Data entries:
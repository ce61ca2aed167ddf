-- ===== src/Lib.antt =====
-- zerocool, the Python part: offline simulation and replay of the cache of experts.
--
-- The program runs a large language model whose experts stay on disk; a cache of slots holds
-- those in use. The native engine (C++ and Metal) is not modelled. Its Python scripts replay
-- recorded accesses: cache_simulation.py compares three replacement policies over a fixed order
-- of accesses, block_cache_replay.py replays the engine's own acquisitions with their leases,
-- horizon_cache_replay.py says which forwards a capture must hold, and decode_timeline.py splits
-- the time of a token into buckets.
--
-- Prelude.antt and its children hold the shared names: Boolean tests, lists over the native
-- numbers, and Result for code that may raise. Dict.antt is Python's dict and OrderedDict as an
-- association list in order of insertion.
--
-- Simulation.antt and below: scripts/qwen/cache_simulation.py. Clock.antt is the class Clock
-- (access is Clock.access; sweep is its while, install what follows a choice of slot),
-- Segmented.antt is SegmentedLRU (access, with demote and make_room for its two inner steps),
-- Belady.antt is Belady (belady is __init__, next_uses its loop, access is access, evict its
-- while True). The modules below each prove; Tests holds runs and the theorems at concrete
-- states.
--
-- Replay.antt and below: scripts/qwen/block_cache_replay.py. Replay/Cache.antt is the class Cache
-- (acquire, lease and pins) under both of its policies; scan is the for over the hand.
-- Replay/Head.antt is the checks of decode on the head of a trace; Replay/Coverage.antt is its
-- check of the expected forwards; Replay/Events.antt and Replay/State.antt are its events and its
-- variables, and Replay/Decode.antt its event loop (one function for each branch; on_layer is in
-- Replay/Layers.antt, on_snapshot and Cache.state in Replay/Snapshots.antt) up to the comparison
-- with the native report. Replay/Simulate.antt is simulate and curves. simulate calls the same
-- Cache as decode, without the kind of an acquisition.
--
-- Horizon.antt: patterns of scripts/qwen/horizon_cache_replay.py. The lengths of the prompt and
-- the continuation stand for the two token lists. Horizon/Decode is its decode, which hands a
-- capture on to Replay/Head and Replay/Decode, and Horizon/Summary its summarize, which simulates
-- the capture's requests (Replay/Simulate).
--
-- Timeline.antt: partition of scripts/qwen/decode_timeline.py, with collect and walk for its two
-- loops; the count of active intervals of a kind is kept as the list of its changes. Groups,
-- Experts and Summary are summarize, over its command groups, expert records and samples; what
-- Python does with floats, and with values that are not natural numbers, is the record Clock.
--
-- Routes.antt and below: route_segments of scripts/qwen/cache_simulation.py. Routes/Pass.antt
-- checks a row and makes a pass of it, Routes/Windows.antt joins passes to windows and segments,
-- Routes/Loop.antt is the loop over the rows and the report. Simulation/Counts.antt is counts,
-- which runs the three policies on the segments; Simulation/Counts/Serves.antt is the interface
-- that the policies fill. Simulation/Curve.antt is cache_curve from its parsed source on, which
-- runs route_segments and then counts at each budget. Json.antt is the type of the values that
-- json.loads gives, with subscripts, get and ==.
--
-- Trace.antt and below: decode of scripts/qwen/route_trace.py, the engine's trace from which the
-- rows of route_segments come. Trace/State.antt holds its variables, Trace/Events.antt one
-- function for each event, Trace/Decode.antt the loop, the lines and the report. A request and a
-- forward keep what was checked of their details beside all of them. The parameter parse is the
-- json module's reading of a line. Trace/Keeps.antt carries a predicate through every event;
-- Committed.antt says what the commits make up.
--
-- Scratch.antt and below: lifetime_proof of scripts/qwen/q4_scratch_lifetime.py, which audits the
-- recorded arenas of temporary buffers over 48 passes. Scratch/Arena.antt is scratch_snapshot and
-- what a scope is to hold, Scratch/Passes.antt the loop over the passes of an arm,
-- Scratch/Lifetime.antt the loops over arms and pairs. The truth of a float, of which only the
-- text is kept, is a parameter. Json/Equal.antt proves what == of dicts says of their entries.
--
-- Draft.antt and below: the checks that scripts/qwen/perfect_draft.py makes of a recorded block
-- verification. Draft/Work.antt is configuration, valid_work and check_prime_reference,
-- Draft/Memory.antt the part of memory_observation about processes, Draft/State.antt check_state
-- and check_routes, Draft/Compare.antt compare, with a record for what observe gives.
-- Draft/Probe, Draft/Blocks, Draft/Execution and Draft/Observe are observe, from the scope of the
-- report over the loop on its blocks to the answer; its configs()[0], which a JSON file holds, is
-- an argument.
--
-- Arrivals.antt and below: disk_observation of scripts/qwen/q4_read_arrivals.py, the device
-- counters around an arm; trace_batches, in Events (the nine times of an event), Commands (the
-- events by their submission) and Batches; and shared_trace in Shared, where what the host makes
-- of a float time is the record Times.
--
-- Diagnostic.antt and below: analyze_memory of scripts/qwen/request_diagnostic_memory.py, and
-- analyze_steps of diagnose_decode_startup.py that it calls first. What the host does with
-- floats, of which the model of JSON keeps the text, is the record Floats of Json/Numbers.antt.
--
-- Capture.antt and below: validate_capture of scripts/qwen/capture_routes.py, which takes the
-- report of decode (Trace.Decode) and the report of the program; Machine has fixed_sampling of
-- benchmark_exact.py and check_machine of selector_qualification.py, Configuration has
-- check_configuration of qualify_exact_sessions.py, Requests and Validate the loop over the
-- requests; Phases is validate_phase_memory of benchmark_exact.py, Sessions is compare and
-- check_prime of qualify_exact_sessions.py, and Workload is append_tokens of capture_routes.py
-- and workloads of benchmark_exact.py. Rows, Benchmark and Exact are validate of
-- benchmark_exact.py, with its dict expected, which grows from report to report, passed on as a
-- state. What the host does with a float or a file is the record Host.
--
-- JSON keeps a float as its text, and a float equals only a float of the same text; where the
-- code compares a number that may be a float, a record of functions says the answer.
--
-- Exceptions are values of Result; a loop on fuel answers diverged where the fuel runs out, and
-- each theorem that gives an ok result shows that it does not. The fuel is the number of slots
-- and one more for sweep, the entries of the heap and one more for evict, the protected keys and
-- one more for demote of the replay cache, the tokens and one more for patterns. heapq is taken
-- as a list from which the least pair is taken, since the order of its pairs is total. A Python
-- -1 for no slot or no key is none. The events are those that json.loads gives, as data of their
-- shape; json.dumps, hashlib and struct are functions that a Capture holds, so the theorems hold
-- whatever they return. Of the fields of a snapshot of the cache those that are constant in the
-- source are left out. The fraction of hits, a float, is left out; where its divisor is zero the
-- model raises zero_division_error.
--
-- Not modelled: the engine, files, hashes, the reading of JSON, and the experiment drivers;
-- PROJECT.json lists every part.
pub mod Prelude
pub mod Dict
pub mod Json
pub mod Simulation
pub mod Replay
pub mod Horizon
pub mod Timeline
pub mod Routes
pub mod Trace
pub mod Scratch
pub mod Draft
pub mod Arrivals
pub mod Capture
pub mod Diagnostic
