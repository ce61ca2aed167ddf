-- ===== src/Arrivals.antt =====
-- scripts/qwen/q4_read_arrivals.py: the device counters around an arm, and the captured
-- batches.
pub mod Disk
pub mod Events
pub mod Commands
pub mod Shared
pub mod Batches
pub mod Groups
pub mod Shown
pub mod Covered
mod Captures
pub mod Distinct
pub mod Devices
pub mod Sums
pub mod Tests
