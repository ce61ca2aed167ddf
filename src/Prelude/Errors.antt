-- ===== src/Prelude/Errors.antt =====
-- Code that may raise. `diverged` is the answer of a loop whose fuel ran out.
use Prim.Native.String.{String}
use mathlib.Core.Bool.{Bool, true, false}
use mathlib.Core.Path.{◌≡◌, refl}
use mathlib.Core.List.{List, [], ◌∷◌}
use Prim.Native.Nat.{ℕ, zero, suc, ◌<◌}
use native.Mathlib.Omega.{arith}
use zerocool.Prelude.Lists.{length, get_or, set}

pub data Exception : Type 0 where
  value_error : String → Exception
  key_error index_error type_error zero_division_error : Exception
  diverged : Exception

pub data Result {ℓ} (A : Type ℓ) : Type ℓ where
  ok : A → Result A
  raise : Exception → Result A

infixl 5 ◌>>=◌ ◌>>◌
abbrev pub ◌>>=◌ {ℓ κ} : {A : Type ℓ} {B : Type κ} → Result A → (A → Result B) → Result B
raise exception >>= rest = raise exception
ok value >>= rest = rest value

abbrev pub ◌>>◌ {ℓ} : {B : Type ℓ} → Result (Unit {0}) → Result B → Result B
m >> k = m >>= λ _. k

-- `require(value, message)`
abbrev pub require : Bool → String → Result (Unit {0})
require true message = ok tt
require false message = raise (value_error message)

-- A `require` that passes is of a test that holds.
pub require-true :
    (b : Bool) (message : String) {u : Unit {0}} → require b message ≡ ok u → b ≡ true
require-true Bool.true message h = refl
require-true Bool.false message h = cc

module _ {ℓ} {A : Type ℓ} where
  -- `xs[i]`
  unfoldable pub item : List A → ℕ → Result A
  item [] i = raise index_error
  item (x ∷ xs) zero = ok x
  item (x ∷ xs) (suc i) = item xs i

  -- `xs[i] = v`
  unfoldable pub store : List A → ℕ → A → Result (List A)
  store [] i v = raise index_error
  store (x ∷ xs) zero v = ok (v ∷ xs)
  store (x ∷ xs) (suc i) v = do rest ← store xs i v; ok (x ∷ rest)

  pub item_inside : (xs : List A) (i : ℕ) (d : A) → i < length xs → item xs i ≡ ok (get_or xs i d)
  unfolding item
  item_inside [] i d h = elim h [ ]
  item_inside (x ∷ xs) zero d h = refl
  item_inside (x ∷ xs) (suc i) d h = item_inside xs i d (omega arith)

  pub store_inside : (xs : List A) (i : ℕ) (v : A) → i < length xs → store xs i v ≡ ok (set xs i v)
  unfolding store
  store_inside [] i v h = elim h [ ]
  store_inside (x ∷ xs) zero v h = refl
  store_inside (x ∷ xs) (suc i) v h = rw (store_inside xs i v (omega arith))

-- A step after a first one may be taken with what follows it, if that agrees at each value.
pub bind_through {ℓ κ ν} :
    {A : Type ℓ} {B : Type κ} {C : Type ν} (m : Result A) (f : A → Result B) (g : A → Result C)
    (h : B → Result C)
    → ((a : A) → g a ≡ (f a >>= h))
    → (m >>= g) ≡ ((m >>= f) >>= h)
bind_through (ok a) f g h agree = agree a
bind_through (raise e) f g h agree = refl

-- The same where the other side maps the value of the first step before it goes on.
pub bind_map_through {ℓ κ ν μ} :
    {A : Type ℓ} {B : Type κ} {C : Type ν} {D : Type μ} (m : Result A) (p : A → D)
    (g : D → Result C) (f : A → Result B) (h : B → Result C)
    → ((a : A) → g (p a) ≡ (f a >>= h))
    → ((m >>= λ a. ok (p a)) >>= g) ≡ ((m >>= f) >>= h)
bind_map_through (ok a) p g f h agree = agree a
bind_map_through (raise e) p g f h agree = refl

-- A step that ends well after another has the other end well.
pub bind_inverse {κ ν} :
    {B : Type κ} {C : Type ν} {b : C} (m : Result B) (rest : B → Result C)
    → (m >>= rest) ≡ ok b
    → (a : B) × (m ≡ ok a) × (rest a ≡ ok b)
bind_inverse (raise exception) rest h = cc
bind_inverse (ok a) rest h = (a, refl, h)

abbrev pub is_ok {ℓ} : {A : Type ℓ} → Result A → Bool
is_ok (ok a) = true
is_ok (raise exception) = false

unfoldable pub ok_of {ℓ} : {A : Type ℓ} (m : Result A) → is_ok m ≡ true → (a : A) × (m ≡ ok a)
ok_of (ok a) h = (a, refl)
ok_of (raise exception) h = cc

pub ok_injective {ℓ} : {A : Type ℓ} {a b : A} → ok a ≡ ok b → a ≡ b
ok_injective h = cc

Problem description> Return the lines above precisely as they appear, beginning at the first line and ending at the line with "-- Prelude.antt and", and nothing after it.

Exercise response>
repository ce61ca2aed167ddf
-- ===== src/Lib.antt =====
-- zerocool, the Python part: offline simulation and replay of the cache of experts.
--
-- The program runs a large language model whose experts stay on disk; a cache of slots holds
-- those in use. The native engine (C++ and Metal) is not modelled. Its Python scripts replay
-- recorded accesses: cache_simulation.py compares three replacement policies over a fixed order
-- of accesses, block_cache_replay.py replays the engine's own acquisitions with their leases,
-- horizon_cache_replay.py says which forwards a capture must hold, and decode_timeline.py splits
-- the time of a token into buckets.
--
-- Prelude.antt and its children hold the shared names: Boolean tests, lists over the native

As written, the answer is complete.